> Problem description
Type out the data below in its entirety, exactly as given.

> Data supplied

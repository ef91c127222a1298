-- ===== src/Packet/Reading.antt =====
-- The reader on any bytes: it stays inside the view, and a failed read moves nothing.
use native.Mathlib.Decide.{dec_lt}
use mmo_server.Common.{
  ℕ, ◌+◌, ◌-◌, ◌≤◌, ◌≡◌, sym, ap, ◌∙◌, ◌⊎◌, inl, inr, none, some, List, arith, length, length-take,
  length-drop, take, drop, decode_le,
}
use mmo_server.Packet.{PacketReader, read_bytes, read, read_string, remaining_bytes}

-- ReadBytes of four bytes fails and moves nothing, or moves by four.
read_four :
    (r : PacketReader)
    → r.offset ≤ length r.view
    → (read_string r ≡ (none, r))
      ⊎ ((len : ℕ) × (r.offset + 4 ≤ length r.view)
          × (read r 4 ≡ (some len, record r { offset = r.offset + 4 })))
unfolding read_string read read_bytes
read_four r inside = elim (dec_lt (remaining_bytes r) 4) [
  | yes short ↦ inl (ground (arith, short))
  | no long ↦
      inr (decode_le (take 4 (drop r.offset r.view)), omega (arith, long), ground (arith, long))
]

-- ReadString of a reader inside its view, whatever the bytes are: it returns false and leaves the
-- reader as it was, or it returns a string that lies in the view behind its length, and moves the
-- offset by four and the string's length, so that the reader is inside its view again.
pub read_string_outcome :
    (r : PacketReader)
    → r.offset ≤ length r.view
    → (read_string r ≡ (none, r))
      ⊎ ((str : List ℕ) × (r.offset + 4 + length str ≤ length r.view)
          × (str ≡ take (length str) (drop (r.offset + 4) r.view))
          × (read_string r ≡ (some str, record r { offset = r.offset + 4 + length str })))
unfolding read_string
read_string_outcome r inside = elim (read_four r inside) [
  | inl e ↦ inl e
  | inr (len, long, e) ↦ elim (dec_lt (length r.view - (r.offset + 4)) len) [
    | yes short ↦ inl (ground (arith, e, short))
    | no fits ↦
        let str : List ℕ = take len (drop (r.offset + 4) r.view) in
        let size : length str ≡ len =
          length-take len (drop (r.offset + 4) r.view)
          ∙ omega (arith, length-drop (r.offset + 4) r.view, fits) in
        inr (
          str,
          omega (arith, size, fits, long),
          sym (ap (λ n. take n (drop (r.offset + 4) r.view)) size),
          ground (arith, e, fits, size),
        )
  ]
]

> Task response
repository ef91c127222a1298
-- ===== src/Packet/Reading.antt =====
-- The reader on any bytes: it stays inside the view, and a failed read moves nothing.
use native.Mathlib.Decide.{dec_lt}
use mmo_server.Common.{
  ℕ, ◌+◌, ◌-◌, ◌≤◌, ◌≡◌, sym, ap, ◌∙◌, ◌⊎◌, inl, inr, none, some, List, arith, length, length-take,
  length-drop, take, drop, decode_le,
}
use mmo_server.Packet.{PacketReader, read_bytes, read, read_string, remaining_bytes}

-- ReadBytes of four bytes fails and moves nothing, or moves by four.
read_four :
    (r : PacketReader)
    → r.offset ≤ length r.view
    → (read_string r ≡ (none, r))
      ⊎ ((len : ℕ) × (r.offset + 4 ≤ length r.view)
          × (read r 4 ≡ (some len, record r { offset = r.offset + 4 })))
unfolding read_string read read_bytes
read_four r inside = elim (dec_lt (remaining_bytes r) 4) [
  | yes short ↦ inl (ground (arith, short))
  | no long ↦
      inr (decode_le (take 4 (drop r.offset r.view)), omega (arith, long), ground (arith, long))
]

-- ReadString of a reader inside its view, whatever the bytes are: it returns false and leaves the
-- reader as it was, or it returns a string that lies in the view behind its length, and moves the
-- offset by four and the string's length, so that the reader is inside its view again.
pub read_string_outcome :
    (r : PacketReader)
    → r.offset ≤ length r.view
    → (read_string r ≡ (none, r))
      ⊎ ((str : List ℕ) × (r.offset + 4 + length str ≤ length r.view)
          × (str ≡ take (length str) (drop (r.offset + 4) r.view))
          × (read_string r ≡ (some str, record r { offset = r.offset + 4 + length str })))
unfolding read_string
read_string_outcome r inside = elim (read_four r inside) [
  | inl e ↦ inl e
  | inr (len, long, e) ↦ elim (dec_lt (length r.view - (r.offset + 4)) len) [
    | yes short ↦ inl (ground (arith, e, short))
    | no fits ↦
        let str : List ℕ = take len (drop (r.offset + 4) r.view) in
        let size : length str ≡ len =
          length-take len (drop (r.offset + 4) r.view)
          ∙ omega (arith, length-drop (r.offset + 4) r.view, fits) in
        inr (
          str,
          omega (arith, size, fits, long),
          sym (ap (λ n. take n (drop (r.offset + 4) r.view)) size),
          ground (arith, e, fits, size),
        )
  ]
]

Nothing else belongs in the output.